#### YOUR OBJECTIVE:
The output should be every line below that includes the word "HasPassed".
___ EXTRACTED DATA
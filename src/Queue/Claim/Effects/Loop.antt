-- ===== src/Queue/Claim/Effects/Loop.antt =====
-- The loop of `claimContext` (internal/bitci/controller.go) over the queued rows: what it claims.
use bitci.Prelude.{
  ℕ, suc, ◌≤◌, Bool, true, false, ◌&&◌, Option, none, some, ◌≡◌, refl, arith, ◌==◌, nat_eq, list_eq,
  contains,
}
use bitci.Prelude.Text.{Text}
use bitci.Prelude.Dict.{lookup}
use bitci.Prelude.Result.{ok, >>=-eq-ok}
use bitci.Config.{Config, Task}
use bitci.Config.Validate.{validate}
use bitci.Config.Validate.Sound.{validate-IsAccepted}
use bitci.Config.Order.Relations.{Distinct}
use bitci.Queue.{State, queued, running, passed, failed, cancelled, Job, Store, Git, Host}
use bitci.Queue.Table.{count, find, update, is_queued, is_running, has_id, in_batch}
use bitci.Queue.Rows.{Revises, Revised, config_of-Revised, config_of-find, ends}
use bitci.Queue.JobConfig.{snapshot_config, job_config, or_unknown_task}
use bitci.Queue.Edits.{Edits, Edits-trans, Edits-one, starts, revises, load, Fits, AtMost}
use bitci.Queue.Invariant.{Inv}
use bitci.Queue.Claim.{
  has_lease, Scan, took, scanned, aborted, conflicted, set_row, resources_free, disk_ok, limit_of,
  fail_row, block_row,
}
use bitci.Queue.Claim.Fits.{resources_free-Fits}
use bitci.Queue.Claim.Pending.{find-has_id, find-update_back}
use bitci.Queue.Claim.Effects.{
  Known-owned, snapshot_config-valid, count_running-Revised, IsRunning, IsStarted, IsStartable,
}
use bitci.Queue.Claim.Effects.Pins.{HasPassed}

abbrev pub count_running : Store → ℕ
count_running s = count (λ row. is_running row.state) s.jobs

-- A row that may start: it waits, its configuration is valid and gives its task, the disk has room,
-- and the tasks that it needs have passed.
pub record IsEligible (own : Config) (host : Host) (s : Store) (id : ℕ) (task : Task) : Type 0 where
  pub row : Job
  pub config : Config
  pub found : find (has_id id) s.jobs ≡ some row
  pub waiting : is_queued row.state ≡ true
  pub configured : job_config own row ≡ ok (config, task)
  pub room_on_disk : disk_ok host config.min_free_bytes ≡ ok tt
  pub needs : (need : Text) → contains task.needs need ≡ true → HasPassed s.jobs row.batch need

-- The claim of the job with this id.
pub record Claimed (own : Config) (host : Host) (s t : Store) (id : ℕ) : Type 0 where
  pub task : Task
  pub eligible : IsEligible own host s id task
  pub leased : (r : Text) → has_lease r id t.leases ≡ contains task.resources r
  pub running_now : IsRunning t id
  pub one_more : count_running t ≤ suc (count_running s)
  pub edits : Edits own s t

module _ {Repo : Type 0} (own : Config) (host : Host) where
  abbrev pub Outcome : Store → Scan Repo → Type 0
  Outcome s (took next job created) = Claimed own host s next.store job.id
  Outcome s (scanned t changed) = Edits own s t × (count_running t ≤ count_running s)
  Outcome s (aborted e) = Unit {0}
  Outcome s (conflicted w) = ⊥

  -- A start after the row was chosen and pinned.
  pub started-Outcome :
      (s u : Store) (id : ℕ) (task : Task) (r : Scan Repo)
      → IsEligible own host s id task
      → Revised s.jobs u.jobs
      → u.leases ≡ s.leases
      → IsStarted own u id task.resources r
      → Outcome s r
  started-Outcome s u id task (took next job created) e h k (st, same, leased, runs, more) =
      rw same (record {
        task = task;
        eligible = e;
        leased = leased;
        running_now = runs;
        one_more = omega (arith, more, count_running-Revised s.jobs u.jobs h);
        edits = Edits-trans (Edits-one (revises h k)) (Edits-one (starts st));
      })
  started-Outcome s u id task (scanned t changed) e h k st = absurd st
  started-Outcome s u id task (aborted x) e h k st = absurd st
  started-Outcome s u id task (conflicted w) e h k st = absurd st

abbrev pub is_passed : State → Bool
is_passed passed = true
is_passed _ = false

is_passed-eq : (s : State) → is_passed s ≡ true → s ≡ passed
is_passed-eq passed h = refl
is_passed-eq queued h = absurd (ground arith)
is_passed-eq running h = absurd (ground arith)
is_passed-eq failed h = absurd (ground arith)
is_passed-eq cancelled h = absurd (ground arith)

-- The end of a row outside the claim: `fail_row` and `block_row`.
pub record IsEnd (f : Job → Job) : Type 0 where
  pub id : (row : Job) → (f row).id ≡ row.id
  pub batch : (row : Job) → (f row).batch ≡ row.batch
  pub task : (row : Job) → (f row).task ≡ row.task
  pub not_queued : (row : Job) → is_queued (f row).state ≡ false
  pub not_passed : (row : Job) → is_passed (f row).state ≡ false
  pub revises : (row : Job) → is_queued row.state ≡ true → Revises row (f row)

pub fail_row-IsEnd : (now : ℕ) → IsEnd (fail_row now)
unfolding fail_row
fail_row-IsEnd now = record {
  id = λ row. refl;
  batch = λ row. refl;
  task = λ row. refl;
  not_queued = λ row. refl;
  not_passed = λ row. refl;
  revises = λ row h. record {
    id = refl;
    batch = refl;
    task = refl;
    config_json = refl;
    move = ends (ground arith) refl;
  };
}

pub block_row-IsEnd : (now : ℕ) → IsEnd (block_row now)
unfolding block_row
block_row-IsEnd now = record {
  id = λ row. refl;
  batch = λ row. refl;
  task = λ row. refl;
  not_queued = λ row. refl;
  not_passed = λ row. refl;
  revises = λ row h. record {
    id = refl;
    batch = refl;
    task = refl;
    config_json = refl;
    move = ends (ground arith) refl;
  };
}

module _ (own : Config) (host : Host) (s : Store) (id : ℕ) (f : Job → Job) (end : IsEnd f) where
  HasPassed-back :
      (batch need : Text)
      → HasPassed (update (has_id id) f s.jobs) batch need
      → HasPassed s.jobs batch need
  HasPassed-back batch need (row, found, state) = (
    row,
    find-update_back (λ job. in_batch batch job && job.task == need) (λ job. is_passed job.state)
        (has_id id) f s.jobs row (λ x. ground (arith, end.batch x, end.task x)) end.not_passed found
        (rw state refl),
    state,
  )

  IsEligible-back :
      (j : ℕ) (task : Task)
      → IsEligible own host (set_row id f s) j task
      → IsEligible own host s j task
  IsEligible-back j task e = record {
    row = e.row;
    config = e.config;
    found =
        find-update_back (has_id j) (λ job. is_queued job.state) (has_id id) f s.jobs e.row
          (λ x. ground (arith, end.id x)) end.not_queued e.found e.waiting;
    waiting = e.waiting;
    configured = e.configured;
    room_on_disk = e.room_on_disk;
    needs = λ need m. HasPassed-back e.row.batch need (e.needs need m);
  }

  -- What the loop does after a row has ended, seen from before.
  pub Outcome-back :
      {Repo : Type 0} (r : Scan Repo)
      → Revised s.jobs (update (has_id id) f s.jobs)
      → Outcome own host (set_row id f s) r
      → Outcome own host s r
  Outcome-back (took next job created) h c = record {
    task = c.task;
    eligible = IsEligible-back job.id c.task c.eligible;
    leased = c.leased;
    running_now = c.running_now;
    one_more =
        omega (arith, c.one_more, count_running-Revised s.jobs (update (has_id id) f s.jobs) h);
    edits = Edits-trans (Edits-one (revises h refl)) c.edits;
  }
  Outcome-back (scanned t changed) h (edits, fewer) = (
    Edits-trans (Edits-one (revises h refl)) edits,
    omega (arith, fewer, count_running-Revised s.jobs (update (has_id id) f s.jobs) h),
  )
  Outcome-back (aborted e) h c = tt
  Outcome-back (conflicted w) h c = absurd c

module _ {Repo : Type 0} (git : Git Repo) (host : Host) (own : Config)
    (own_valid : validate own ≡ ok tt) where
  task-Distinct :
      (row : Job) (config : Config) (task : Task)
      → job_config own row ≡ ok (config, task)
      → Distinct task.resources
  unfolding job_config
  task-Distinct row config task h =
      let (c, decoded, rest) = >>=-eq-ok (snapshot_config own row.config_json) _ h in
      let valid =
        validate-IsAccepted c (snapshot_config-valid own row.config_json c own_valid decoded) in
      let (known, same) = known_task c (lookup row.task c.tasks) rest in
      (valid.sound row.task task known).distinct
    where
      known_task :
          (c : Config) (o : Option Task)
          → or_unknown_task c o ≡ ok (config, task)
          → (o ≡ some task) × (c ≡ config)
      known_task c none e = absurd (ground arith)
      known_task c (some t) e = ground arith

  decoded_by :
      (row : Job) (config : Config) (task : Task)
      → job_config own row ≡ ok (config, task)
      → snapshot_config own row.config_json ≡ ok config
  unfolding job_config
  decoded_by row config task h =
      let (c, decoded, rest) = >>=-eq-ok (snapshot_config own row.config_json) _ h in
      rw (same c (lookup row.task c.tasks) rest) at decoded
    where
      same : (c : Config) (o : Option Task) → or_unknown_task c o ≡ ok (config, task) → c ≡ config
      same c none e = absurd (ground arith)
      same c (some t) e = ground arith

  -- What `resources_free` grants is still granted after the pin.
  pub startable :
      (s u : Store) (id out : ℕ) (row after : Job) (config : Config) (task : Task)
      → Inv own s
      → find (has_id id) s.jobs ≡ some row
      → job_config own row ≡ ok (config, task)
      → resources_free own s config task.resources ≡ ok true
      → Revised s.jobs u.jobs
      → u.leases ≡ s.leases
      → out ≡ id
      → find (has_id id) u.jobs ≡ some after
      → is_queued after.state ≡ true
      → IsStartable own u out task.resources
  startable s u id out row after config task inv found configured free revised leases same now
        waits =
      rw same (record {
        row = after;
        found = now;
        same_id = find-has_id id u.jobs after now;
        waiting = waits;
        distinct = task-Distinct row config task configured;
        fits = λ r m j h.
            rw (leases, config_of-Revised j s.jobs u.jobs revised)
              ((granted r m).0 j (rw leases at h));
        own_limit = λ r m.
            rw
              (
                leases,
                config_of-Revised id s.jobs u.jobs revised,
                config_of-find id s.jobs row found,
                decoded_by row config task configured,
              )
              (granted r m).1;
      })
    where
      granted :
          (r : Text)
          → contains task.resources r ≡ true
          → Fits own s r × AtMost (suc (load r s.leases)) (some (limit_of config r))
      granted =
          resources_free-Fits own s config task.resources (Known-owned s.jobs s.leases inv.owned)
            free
______
___ EXTRACTED DATA
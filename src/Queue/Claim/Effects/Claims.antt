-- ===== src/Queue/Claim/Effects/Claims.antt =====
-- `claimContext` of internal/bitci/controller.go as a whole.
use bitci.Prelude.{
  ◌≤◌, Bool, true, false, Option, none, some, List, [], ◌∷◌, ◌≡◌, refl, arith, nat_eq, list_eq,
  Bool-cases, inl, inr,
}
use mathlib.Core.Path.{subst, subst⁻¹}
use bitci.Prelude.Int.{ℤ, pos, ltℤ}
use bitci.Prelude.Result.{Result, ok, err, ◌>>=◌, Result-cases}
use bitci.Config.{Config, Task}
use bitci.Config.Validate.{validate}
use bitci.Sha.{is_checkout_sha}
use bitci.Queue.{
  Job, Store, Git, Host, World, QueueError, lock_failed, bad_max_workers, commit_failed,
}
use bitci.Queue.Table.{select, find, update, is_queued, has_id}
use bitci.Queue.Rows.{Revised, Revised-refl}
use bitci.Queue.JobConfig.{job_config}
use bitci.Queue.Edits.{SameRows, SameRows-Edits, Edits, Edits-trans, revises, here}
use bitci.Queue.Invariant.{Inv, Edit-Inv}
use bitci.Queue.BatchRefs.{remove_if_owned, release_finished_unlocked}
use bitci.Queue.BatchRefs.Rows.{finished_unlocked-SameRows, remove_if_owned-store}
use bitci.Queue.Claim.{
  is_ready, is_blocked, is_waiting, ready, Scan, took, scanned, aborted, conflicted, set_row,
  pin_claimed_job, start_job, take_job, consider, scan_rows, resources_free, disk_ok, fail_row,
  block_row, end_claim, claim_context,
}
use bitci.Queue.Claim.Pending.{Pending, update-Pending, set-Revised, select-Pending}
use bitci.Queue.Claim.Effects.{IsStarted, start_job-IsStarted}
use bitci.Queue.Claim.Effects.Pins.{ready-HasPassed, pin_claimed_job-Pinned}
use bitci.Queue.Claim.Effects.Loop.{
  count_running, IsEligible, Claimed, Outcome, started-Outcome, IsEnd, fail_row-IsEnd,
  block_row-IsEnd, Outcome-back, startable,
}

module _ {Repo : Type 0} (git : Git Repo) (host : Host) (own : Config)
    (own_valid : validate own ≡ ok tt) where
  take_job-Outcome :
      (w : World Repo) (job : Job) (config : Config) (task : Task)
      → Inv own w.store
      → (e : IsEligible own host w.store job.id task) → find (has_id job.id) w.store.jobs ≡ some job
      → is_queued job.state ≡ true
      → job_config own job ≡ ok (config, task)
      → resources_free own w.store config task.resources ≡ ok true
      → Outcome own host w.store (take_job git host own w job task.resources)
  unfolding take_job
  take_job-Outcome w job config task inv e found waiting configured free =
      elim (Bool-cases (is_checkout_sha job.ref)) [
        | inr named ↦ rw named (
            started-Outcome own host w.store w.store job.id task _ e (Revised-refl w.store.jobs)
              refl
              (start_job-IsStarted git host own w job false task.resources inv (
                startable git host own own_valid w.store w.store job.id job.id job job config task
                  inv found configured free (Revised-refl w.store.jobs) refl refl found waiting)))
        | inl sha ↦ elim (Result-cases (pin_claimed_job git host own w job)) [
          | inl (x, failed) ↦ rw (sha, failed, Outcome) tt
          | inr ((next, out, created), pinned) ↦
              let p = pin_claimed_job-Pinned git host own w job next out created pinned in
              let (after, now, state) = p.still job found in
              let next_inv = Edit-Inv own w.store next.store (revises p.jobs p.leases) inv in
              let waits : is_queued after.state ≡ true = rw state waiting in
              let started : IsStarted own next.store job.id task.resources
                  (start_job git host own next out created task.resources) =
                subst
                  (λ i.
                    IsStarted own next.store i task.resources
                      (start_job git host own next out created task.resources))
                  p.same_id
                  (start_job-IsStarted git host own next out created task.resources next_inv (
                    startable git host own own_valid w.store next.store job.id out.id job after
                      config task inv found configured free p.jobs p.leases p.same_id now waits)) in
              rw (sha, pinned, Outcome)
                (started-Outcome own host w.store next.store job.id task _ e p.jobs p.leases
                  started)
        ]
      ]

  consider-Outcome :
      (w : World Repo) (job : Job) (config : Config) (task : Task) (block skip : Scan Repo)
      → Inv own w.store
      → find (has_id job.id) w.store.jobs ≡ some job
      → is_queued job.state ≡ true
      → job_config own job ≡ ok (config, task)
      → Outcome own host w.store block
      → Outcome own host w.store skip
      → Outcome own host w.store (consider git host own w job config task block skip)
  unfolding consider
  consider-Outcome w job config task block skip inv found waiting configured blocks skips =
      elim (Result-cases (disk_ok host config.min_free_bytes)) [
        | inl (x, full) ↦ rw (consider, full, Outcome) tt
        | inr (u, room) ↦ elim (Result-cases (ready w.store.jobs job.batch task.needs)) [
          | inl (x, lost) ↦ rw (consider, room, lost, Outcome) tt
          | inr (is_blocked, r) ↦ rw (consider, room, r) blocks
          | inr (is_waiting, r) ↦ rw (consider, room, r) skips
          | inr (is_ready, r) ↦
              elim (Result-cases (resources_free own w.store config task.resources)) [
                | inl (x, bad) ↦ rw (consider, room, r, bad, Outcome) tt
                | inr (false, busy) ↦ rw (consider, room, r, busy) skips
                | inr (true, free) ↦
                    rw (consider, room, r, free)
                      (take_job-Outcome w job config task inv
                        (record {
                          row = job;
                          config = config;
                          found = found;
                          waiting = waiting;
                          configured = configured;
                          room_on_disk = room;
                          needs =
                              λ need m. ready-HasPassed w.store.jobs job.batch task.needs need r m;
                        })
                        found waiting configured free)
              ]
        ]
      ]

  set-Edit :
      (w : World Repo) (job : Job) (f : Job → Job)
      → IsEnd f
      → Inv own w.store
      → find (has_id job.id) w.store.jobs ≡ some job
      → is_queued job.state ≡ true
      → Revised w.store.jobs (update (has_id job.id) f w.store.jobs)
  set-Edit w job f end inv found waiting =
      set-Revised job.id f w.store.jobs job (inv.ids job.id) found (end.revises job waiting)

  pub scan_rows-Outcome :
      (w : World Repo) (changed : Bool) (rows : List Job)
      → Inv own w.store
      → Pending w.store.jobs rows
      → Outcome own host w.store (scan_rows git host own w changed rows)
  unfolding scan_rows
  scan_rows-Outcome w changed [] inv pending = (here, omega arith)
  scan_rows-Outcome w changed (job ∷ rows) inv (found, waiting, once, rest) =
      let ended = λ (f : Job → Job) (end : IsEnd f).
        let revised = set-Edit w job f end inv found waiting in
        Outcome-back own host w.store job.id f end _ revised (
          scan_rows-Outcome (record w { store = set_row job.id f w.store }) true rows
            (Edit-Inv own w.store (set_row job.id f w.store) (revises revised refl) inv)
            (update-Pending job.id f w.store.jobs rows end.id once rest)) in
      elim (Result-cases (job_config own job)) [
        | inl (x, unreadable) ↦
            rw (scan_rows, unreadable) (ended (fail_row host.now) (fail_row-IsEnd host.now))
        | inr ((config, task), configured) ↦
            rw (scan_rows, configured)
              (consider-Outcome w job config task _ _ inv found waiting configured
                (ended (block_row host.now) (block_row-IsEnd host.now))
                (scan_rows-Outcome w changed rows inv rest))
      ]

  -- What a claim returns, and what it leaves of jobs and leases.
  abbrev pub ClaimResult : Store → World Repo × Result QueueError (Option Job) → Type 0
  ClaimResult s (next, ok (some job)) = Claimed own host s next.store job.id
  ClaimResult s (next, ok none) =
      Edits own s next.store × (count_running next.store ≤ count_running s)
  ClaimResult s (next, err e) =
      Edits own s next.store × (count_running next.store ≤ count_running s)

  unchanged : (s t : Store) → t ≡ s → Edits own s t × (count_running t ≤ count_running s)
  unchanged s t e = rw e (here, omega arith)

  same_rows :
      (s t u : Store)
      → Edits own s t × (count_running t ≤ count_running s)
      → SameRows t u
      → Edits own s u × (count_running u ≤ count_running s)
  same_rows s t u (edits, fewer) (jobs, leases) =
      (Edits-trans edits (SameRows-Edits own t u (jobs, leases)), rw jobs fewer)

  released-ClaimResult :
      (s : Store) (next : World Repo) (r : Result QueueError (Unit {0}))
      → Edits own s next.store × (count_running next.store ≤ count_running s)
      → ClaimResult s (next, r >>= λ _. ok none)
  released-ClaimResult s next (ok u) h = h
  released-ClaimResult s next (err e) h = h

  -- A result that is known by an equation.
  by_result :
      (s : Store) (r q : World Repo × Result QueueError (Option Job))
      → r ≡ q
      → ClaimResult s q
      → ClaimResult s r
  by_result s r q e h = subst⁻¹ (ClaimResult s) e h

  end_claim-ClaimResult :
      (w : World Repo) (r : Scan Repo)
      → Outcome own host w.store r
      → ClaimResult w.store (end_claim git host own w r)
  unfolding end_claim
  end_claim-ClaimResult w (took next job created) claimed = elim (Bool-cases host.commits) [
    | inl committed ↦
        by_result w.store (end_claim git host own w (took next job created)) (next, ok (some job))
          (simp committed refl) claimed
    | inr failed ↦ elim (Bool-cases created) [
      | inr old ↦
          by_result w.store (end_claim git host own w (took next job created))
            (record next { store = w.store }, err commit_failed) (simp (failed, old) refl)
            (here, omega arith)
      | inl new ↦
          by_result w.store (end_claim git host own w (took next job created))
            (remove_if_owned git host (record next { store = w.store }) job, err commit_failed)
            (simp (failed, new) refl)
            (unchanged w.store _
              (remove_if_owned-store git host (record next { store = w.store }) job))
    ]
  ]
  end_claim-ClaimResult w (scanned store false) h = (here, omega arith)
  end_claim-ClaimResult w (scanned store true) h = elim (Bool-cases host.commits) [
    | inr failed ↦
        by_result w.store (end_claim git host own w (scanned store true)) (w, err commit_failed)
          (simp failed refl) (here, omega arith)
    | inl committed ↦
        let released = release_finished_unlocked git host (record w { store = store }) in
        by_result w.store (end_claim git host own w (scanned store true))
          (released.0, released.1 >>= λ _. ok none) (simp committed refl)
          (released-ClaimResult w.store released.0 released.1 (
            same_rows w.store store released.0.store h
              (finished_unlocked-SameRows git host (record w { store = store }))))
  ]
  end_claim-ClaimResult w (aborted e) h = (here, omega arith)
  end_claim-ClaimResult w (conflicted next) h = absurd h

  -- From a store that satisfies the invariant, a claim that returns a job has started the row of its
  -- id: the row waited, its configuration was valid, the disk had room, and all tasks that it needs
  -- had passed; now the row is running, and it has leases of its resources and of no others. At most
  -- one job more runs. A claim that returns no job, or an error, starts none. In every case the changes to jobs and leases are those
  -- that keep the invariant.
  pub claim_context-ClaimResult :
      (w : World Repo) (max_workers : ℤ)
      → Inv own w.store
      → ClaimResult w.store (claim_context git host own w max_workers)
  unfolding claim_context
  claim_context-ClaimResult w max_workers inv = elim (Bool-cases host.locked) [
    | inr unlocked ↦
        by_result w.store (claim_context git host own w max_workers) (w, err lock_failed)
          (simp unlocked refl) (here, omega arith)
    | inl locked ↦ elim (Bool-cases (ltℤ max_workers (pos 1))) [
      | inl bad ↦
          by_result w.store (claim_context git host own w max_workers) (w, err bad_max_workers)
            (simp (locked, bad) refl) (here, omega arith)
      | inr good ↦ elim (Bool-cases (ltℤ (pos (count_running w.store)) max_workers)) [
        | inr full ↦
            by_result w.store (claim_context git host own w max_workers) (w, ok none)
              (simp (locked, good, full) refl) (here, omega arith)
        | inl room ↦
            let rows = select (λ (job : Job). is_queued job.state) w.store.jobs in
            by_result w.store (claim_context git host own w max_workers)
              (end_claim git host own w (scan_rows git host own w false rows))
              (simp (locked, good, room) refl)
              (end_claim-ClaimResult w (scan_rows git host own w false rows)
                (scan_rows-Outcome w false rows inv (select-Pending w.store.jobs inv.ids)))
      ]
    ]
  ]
______
___ EXTRACTED DATA
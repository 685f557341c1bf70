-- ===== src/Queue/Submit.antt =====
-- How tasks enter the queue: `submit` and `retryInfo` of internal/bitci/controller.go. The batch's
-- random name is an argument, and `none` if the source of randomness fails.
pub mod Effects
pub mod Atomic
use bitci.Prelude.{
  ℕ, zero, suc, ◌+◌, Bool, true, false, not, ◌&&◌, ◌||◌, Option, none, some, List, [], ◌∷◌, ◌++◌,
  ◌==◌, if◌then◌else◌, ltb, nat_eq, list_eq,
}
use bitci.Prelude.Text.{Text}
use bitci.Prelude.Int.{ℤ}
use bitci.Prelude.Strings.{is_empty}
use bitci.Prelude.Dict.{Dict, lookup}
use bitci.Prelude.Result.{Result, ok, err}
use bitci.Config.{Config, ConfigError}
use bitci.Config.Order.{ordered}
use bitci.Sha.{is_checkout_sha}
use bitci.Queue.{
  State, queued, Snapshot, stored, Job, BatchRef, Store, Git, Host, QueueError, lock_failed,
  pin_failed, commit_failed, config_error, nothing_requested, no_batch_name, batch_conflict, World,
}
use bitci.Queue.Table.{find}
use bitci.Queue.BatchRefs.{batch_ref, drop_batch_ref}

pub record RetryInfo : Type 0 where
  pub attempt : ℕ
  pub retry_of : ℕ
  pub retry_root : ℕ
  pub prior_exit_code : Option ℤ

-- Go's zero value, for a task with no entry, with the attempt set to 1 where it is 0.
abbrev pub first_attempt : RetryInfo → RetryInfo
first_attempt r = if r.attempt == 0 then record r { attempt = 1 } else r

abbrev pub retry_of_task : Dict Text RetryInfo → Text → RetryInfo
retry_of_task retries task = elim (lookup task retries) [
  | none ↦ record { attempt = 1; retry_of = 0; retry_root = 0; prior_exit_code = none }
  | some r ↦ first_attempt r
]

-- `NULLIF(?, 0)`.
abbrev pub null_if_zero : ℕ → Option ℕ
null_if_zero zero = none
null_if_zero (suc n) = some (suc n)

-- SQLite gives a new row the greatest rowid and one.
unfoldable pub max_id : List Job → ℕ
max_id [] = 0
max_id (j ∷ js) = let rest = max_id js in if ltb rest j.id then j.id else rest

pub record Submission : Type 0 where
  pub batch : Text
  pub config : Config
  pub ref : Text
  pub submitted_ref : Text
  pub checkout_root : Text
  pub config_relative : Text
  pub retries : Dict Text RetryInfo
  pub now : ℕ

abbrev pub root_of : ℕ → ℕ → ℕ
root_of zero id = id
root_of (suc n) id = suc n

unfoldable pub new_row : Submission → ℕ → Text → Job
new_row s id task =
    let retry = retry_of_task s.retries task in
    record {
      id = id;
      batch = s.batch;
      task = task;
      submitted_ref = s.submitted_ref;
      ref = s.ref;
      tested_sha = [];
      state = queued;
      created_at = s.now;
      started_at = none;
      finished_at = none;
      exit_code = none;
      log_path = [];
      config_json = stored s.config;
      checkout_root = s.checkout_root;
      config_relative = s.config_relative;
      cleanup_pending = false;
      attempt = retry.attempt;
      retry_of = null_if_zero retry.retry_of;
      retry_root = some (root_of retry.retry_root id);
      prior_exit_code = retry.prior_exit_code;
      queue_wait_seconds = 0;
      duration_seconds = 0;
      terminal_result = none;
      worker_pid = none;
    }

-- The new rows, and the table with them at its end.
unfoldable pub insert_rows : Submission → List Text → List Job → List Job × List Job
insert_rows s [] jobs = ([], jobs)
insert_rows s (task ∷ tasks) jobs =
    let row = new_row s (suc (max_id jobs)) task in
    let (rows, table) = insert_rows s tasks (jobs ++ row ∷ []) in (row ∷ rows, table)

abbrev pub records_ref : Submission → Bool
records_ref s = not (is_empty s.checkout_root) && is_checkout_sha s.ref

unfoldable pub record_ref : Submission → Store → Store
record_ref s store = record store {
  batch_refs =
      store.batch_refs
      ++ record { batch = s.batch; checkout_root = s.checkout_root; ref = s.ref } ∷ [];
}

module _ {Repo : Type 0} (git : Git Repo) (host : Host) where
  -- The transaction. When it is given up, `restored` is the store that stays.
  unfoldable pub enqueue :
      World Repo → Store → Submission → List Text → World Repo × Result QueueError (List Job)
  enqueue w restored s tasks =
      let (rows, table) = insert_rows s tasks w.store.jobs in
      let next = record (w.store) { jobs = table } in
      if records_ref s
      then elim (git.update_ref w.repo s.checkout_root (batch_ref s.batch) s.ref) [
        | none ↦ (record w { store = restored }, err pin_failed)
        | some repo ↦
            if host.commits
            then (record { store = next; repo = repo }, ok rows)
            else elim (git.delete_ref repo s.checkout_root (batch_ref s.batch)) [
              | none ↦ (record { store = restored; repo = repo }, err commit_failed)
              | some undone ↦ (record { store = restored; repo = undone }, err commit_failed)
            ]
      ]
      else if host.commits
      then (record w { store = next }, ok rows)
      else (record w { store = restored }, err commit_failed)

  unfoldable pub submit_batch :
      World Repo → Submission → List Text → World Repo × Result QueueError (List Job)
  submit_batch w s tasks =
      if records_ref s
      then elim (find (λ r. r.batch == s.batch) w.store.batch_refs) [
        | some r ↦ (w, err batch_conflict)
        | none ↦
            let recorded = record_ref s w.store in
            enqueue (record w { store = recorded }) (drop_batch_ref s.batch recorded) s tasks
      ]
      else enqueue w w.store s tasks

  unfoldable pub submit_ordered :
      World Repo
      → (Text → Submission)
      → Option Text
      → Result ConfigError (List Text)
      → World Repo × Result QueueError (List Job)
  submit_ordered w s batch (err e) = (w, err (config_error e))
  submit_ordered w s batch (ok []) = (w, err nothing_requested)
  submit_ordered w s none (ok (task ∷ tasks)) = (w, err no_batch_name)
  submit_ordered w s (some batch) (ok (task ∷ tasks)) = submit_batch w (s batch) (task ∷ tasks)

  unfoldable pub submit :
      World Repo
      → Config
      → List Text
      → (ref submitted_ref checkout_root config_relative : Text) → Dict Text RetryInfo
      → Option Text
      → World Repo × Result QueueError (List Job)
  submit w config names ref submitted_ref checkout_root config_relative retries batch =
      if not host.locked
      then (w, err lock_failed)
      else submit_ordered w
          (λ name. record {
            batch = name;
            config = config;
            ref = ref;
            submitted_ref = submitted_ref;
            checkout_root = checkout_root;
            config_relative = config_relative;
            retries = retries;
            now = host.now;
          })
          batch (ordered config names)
______
#### REPLY TO THE EXERCISE:
use bitci.Queue.Claim.Effects.Pins.{HasPassed}
  pub needs : (need : Text) → contains task.needs need ≡ true → HasPassed s.jobs row.batch need
  HasPassed-back :
      → HasPassed (update (has_id id) f s.jobs) batch need
      → HasPassed s.jobs batch need
  HasPassed-back batch need (row, found, state) = (
    needs = λ need m. HasPassed-back e.row.batch need (e.needs need m);
use bitci.Queue.Claim.Effects.Pins.{ready-HasPassed, pin_claimed_job-Pinned}
                              λ need m. ready-HasPassed w.store.jobs job.batch task.needs need r m;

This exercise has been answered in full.